A few minutes past midnight on Monday (EDT), the companies said their respective boards endorsed a deal that was $5 a share better than InBev’s initial proposal made four weeks ago. Anheuser-Busch said the first offer was inadequate.
The merged company will be called Anheuser-Busch InBev. All 12 Anheuser-Busch breweries will remain open, and St. Louis will serve as the North American headquarters. Executives completed the deal after negotiating from Friday through Sunday.
The deal, which must be approved by shareholders of both companies, raises the value to $52 billion from $46.4 billion. The companies hadn’t set shareholder-vote dates; although the InBev vote won’t be a surprise because its controlling shareholder supports the takeover.
“Everyone leaves the table sullen but not rebellious,” says Juli Niemann, executive vice president of the Clayton financial advisory firm Smith, Moore & Co. “InBev has more debt. Anheuser-Busch saves a little face and walks away richer.”
Among the deal’s highlights: August A. Busch IV, the Anheuser-Busch CEO will join the board of the new company, but he won’t have day-to-day management responsibilities; the merged company will sell “non-core assets,” but it didn’t identify them; the new company will build upon and expand Anheuser-Busch’s previously announced cost-cutting plan.
Speaking Monday at separate teleconferences to analysts and journalists, executives said they expect the deal to close by year-end and that they doubt there will be any “significant” antitrust issues.
The two companies “will be able to accomplish much more than each can do on its own,” said Carlos Brito, the InBev CEO, in announcing the agreement Monday.
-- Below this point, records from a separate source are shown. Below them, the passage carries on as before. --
-- ===== src/MsgProcessor/Options/Laws.antt =====
-- Reading a switch after a write.
use root_open_im_server.Base.{String, Bool, str_eq, eq_iff, if◌then◌else◌, ◌≡◌, arith}
use root_open_im_server.Base.Dict.{insert, lookup-insert}
use root_open_im_server.MsgProcessor.Options.{Options, is}

pub is-insert :
    (o : Options) (k j : String) (b : Bool)
    → is (insert k b o) j ≡ (if str_eq k j then b else is o j)
unfolding is
is-insert o k j b = ground (arith, eq_iff k j, lookup-insert k j b o)
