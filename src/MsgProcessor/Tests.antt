-- ===== src/MsgProcessor/Tests.antt =====
-- Conversation ids of concrete messages.
use root_open_im_server.Base.{false, [], ◌∷◌, none, ◌≡◌, refl, inl}
use root_open_im_server.MsgStore.Doc.{MsgData}
use root_open_im_server.MsgProcessor.Options.{is, is_not_notification_key}
use root_open_im_server.MsgProcessor.Ids.{
  get_notification_conversation_id_by_msg, get_chat_conversation_id_by_msg,
  get_conversation_id_by_msg, is_notification, is_notification_by_msg, parse_conversation_id,
  get_notification_conversation_id_by_conversation_id,
}
use root_open_im_server.MsgProcessor.Ids.Laws.{
  reply, get_conversation_id_by_msg-reply, is_notification-get_conversation_id_by_msg,
  parse_conversation_id_lem,
}
use root_open_im_server.MsgProcessor.Ids.Split.{notification_id-chat_id}

abbrev chat : MsgData
chat = record {
  send_id = "bob";
  recv_id = "ann";
  group_id = "";
  client_msg_id = "c";
  server_msg_id = "s";
  sender_platform_id = 1;
  sender_nickname = "Bob";
  sender_face_url = "";
  session_type = 1;
  msg_from = 100;
  content_type = 101;
  content = "hello";
  seq = 0;
  send_time = 5;
  create_time = 4;
  status = 1;
  is_read = false;
  options = [];
  offline_push = none;
  at_user_id_list = [];
  attached_info = "";
  ex = "";
}

abbrev notice : MsgData
notice = record chat { options = (is_not_notification_key, false) ∷ [] }

chat_id : get_conversation_id_by_msg chat ≡ "si_ann_bob"
unfolding get_conversation_id_by_msg is
chat_id = refl

notice_id : get_conversation_id_by_msg notice ≡ "n_ann_bob"
unfolding get_conversation_id_by_msg is
notice_id = refl

get_conversation_id_by_msg-reply_example :
    get_conversation_id_by_msg (reply chat) ≡ get_conversation_id_by_msg chat
get_conversation_id_by_msg-reply_example = get_conversation_id_by_msg-reply chat refl

is_notification-get_conversation_id_by_msg_example :
    is_notification (get_conversation_id_by_msg notice) ≡ is_notification_by_msg notice
is_notification-get_conversation_id_by_msg_example =
    is_notification-get_conversation_id_by_msg notice (inl refl)

parse_conversation_id_example :
    parse_conversation_id notice
    ≡ (is_notification_by_msg notice, get_conversation_id_by_msg notice)
parse_conversation_id_example = parse_conversation_id_lem notice (inl refl)

notification_id-chat_id_example :
    get_notification_conversation_id_by_conversation_id (get_chat_conversation_id_by_msg chat)
    ≡ get_notification_conversation_id_by_msg chat
notification_id-chat_id_example = notification_id-chat_id chat (inl refl)
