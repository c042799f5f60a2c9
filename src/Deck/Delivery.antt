-- ===== src/Deck/Delivery.antt =====
-- What the ship deck (src/server/Shipdeck.cpp) sends, to whom, and whom it moves.
use pirate_servers.Base.{
  ◌+◌, ◌<◌, String, ◌≡◌, ◌≢◌, refl, Option, [], ◌∷◌, true, arith, length, ◌==◌, if◌then◌else◌,
}
use pirate_servers.Base.Map.{contains, index, index-touch, touch}
use pirate_servers.Base.Outcome.{ok}
use pirate_servers.Base.Word.{u64_mod, inc32, dec32}
use pirate_servers.Wire.{Message}
use pirate_servers.Wire.Spans.{subspan_rest}
use pirate_servers.Defines.{ClientId, CabinId, no_client, set_cabin_id}
use pirate_servers.Deck.{Deck, to_cabins, to_server, client_at, touch_client}
use pirate_servers.Deck.Move.{change_player_cabins, leave_cabin, enter_cabin}
use pirate_servers.Deck.Services.{forward, handle_services_cabins_input}
use pirate_servers.Deck.Count.{playing, playing-count_players}
use pirate_servers.Deck.Count.Moves.{
  playing-leave_cabin, client_map-leave_cabin, contains-leave_cabin,
}
use pirate_servers.Deck.Placed.{index-insert}

-- A message that a cabin sends to a user goes to the server of the client of that name, with the
-- cabin's frames behind it, if that client is in the cabin; otherwise nothing is sent. No client
-- moves and no count changes.
pub forward_confined :
    (cab_id m_type crew_username sender_username : String) (frames : Message)
    (next : Option Message) (d : Deck)
    → length frames + 5 < u64_mod
    → let crew_id = index crew_username "" d.crew_name_to_id in
      let client = client_at crew_id d in
      (d' : Deck) × (handle_services_cabins_input
          (cab_id ∷ "SEND" ∷ m_type ∷ crew_username ∷ sender_username ∷ frames)
          next
          d
        ≡ ok (
          d',
          if cab_id == client.curr_cabin
              then to_server
                  (client.c_server_id ∷ crew_id ∷ "CABIN" ∷ m_type ∷ sender_username ∷ frames)
                ∷ []
              else [],
        ))
      × ((k : ClientId) → client_at k d' ≡ client_at k d)
      × (d'.cabin_id_to_info ≡ d.cabin_id_to_info)
unfolding handle_services_cabins_input forward
forward_confined cab_id m_type crew_username sender_username frames next d fits =
    let crew_id = index crew_username "" d.crew_name_to_id in
    (
      touch_client crew_id
          (record d { crew_name_to_id = touch crew_username "" d.crew_name_to_id }),
      ground (
        arith,
        subspan_rest (cab_id ∷ "SEND" ∷ m_type ∷ crew_username ∷ sender_username ∷ frames) 5,
      ),
      λ k. index-touch crew_id k no_client d.client_map,
      refl,
    )

abbrev pub arrive : ClientId → CabinId → Deck → Deck
arrive crew_id cab_id d =
    enter_cabin crew_id cab_id
      (leave_cabin (client_at crew_id d).curr_cabin (touch_client crew_id d))

pub change_player_cabins_registered :
    (crew_id : ClientId) (cab_id : CabinId) (d : Deck)
    → (client_at crew_id d).c_online ≡ true
    → contains cab_id d.cabin_id_to_info ≡ true
    → change_player_cabins crew_id cab_id d ≡ (
      arrive crew_id cab_id d,
      to_cabins (
            (client_at crew_id d).curr_cabin ∷ "DISCONNECT" ∷ (client_at crew_id d).c_username ∷ [])
          ∷ to_cabins (cab_id ∷ "JOIN" ∷ (client_at crew_id d).c_username ∷ [])
          ∷ [],
    )
unfolding change_player_cabins
change_player_cabins_registered crew_id cab_id d online registered = rw (
  online,
  registered,
  contains-leave_cabin (client_at crew_id d).curr_cabin cab_id (touch_client crew_id d) registered,
)

pub moved_client :
    (crew_id : ClientId) (cab_id : CabinId) (d : Deck) (k : ClientId)
    → client_at k (arrive crew_id cab_id d)
      ≡ (if crew_id == k then set_cabin_id cab_id (client_at crew_id d) else client_at k d)
unfolding enter_cabin
moved_client crew_id cab_id d k = rw (
  client_map-leave_cabin (client_at crew_id d).curr_cabin (touch_client crew_id d),
  index-insert crew_id k _ (touch crew_id no_client d.client_map),
  index-touch crew_id crew_id no_client d.client_map,
  index-touch crew_id k no_client d.client_map,
)

pub crew_name_to_id-leave_cabin :
    (k : CabinId) (d : Deck) → (leave_cabin k d).crew_name_to_id ≡ d.crew_name_to_id
unfolding leave_cabin
crew_name_to_id-leave_cabin k d = ground arith

pub crew_name_to_id-arrive :
    (crew_id : ClientId) (cab_id : CabinId) (d : Deck)
    → (arrive crew_id cab_id d).crew_name_to_id ≡ d.crew_name_to_id
unfolding enter_cabin
crew_name_to_id-arrive crew_id cab_id d = crew_name_to_id-leave_cabin _ (touch_client crew_id d)

moved_counts :
    (c : CabinId)
    → c ≢ ""
    → (crew_id : ClientId) (cab_id : CabinId) (d : Deck)
    → let left =
        if (client_at crew_id d).curr_cabin == c
        then dec32 (playing c d.cabin_id_to_info)
        else playing c d.cabin_id_to_info in
      playing c (arrive crew_id cab_id d).cabin_id_to_info
      ≡ (if cab_id == c then inc32 left else left)
unfolding enter_cabin
moved_counts c named crew_id cab_id d =
    let old = (client_at crew_id d).curr_cabin in
    let touched = touch_client crew_id d in
    rw (
      playing-count_players inc32 c cab_id (leave_cabin old touched).cabin_id_to_info,
      playing-leave_cabin c named old touched,
    )

-- A client that is online and is sent to a registered cabin: its old cabin is told to let it go and
-- then the new one to take it, it is in the new cabin and no other client moves, and of the counts
-- the old cabin's falls by one and then the new one's rises by one.
pub change_player_cabins_moves :
    (crew_id : ClientId) (cab_id : CabinId) (d : Deck) (k : ClientId) (c : CabinId)
    → (client_at crew_id d).c_online ≡ true
    → contains cab_id d.cabin_id_to_info ≡ true
    → c ≢ ""
    → let client = client_at crew_id d in
      let (d', sent) = change_player_cabins crew_id cab_id d in
      let left =
        if client.curr_cabin == c
        then dec32 (playing c d.cabin_id_to_info)
        else playing c d.cabin_id_to_info in
      (sent
        ≡ to_cabins (client.curr_cabin ∷ "DISCONNECT" ∷ client.c_username ∷ [])
          ∷ to_cabins (cab_id ∷ "JOIN" ∷ client.c_username ∷ [])
          ∷ [])
      × (client_at k d' ≡ (if crew_id == k then set_cabin_id cab_id client else client_at k d))
      × (playing c d'.cabin_id_to_info ≡ (if cab_id == c then inc32 left else left))
change_player_cabins_moves crew_id cab_id d k c online registered named =
    rw (change_player_cabins_registered crew_id cab_id d online registered)
      (refl, moved_client crew_id cab_id d k, moved_counts c named crew_id cab_id d)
He will be CEO of the merged company.
August A. Busch IV and one other St. Louis company representative will sit on the 14-member board of the new company. But this will be a non-executive board without daily management responsibilities, similar to InBev’s current board. Brito isn’t a member of the InBev board and he won’t be a member of the new company board.
When asked who would run the new company’s North American operations based in St. Louis, Brito said this and other top jobs had yet to be determined.
Busch was asked at the press conference if his company could have done anything different in the past to protect against being taken over. He deflected the question, saying his goal is to do the best for his shareholders.
The deal “provides additional and certain value for Anheuser-Busch shareholders, while enhancing global market access for Budweiser,” Busch said.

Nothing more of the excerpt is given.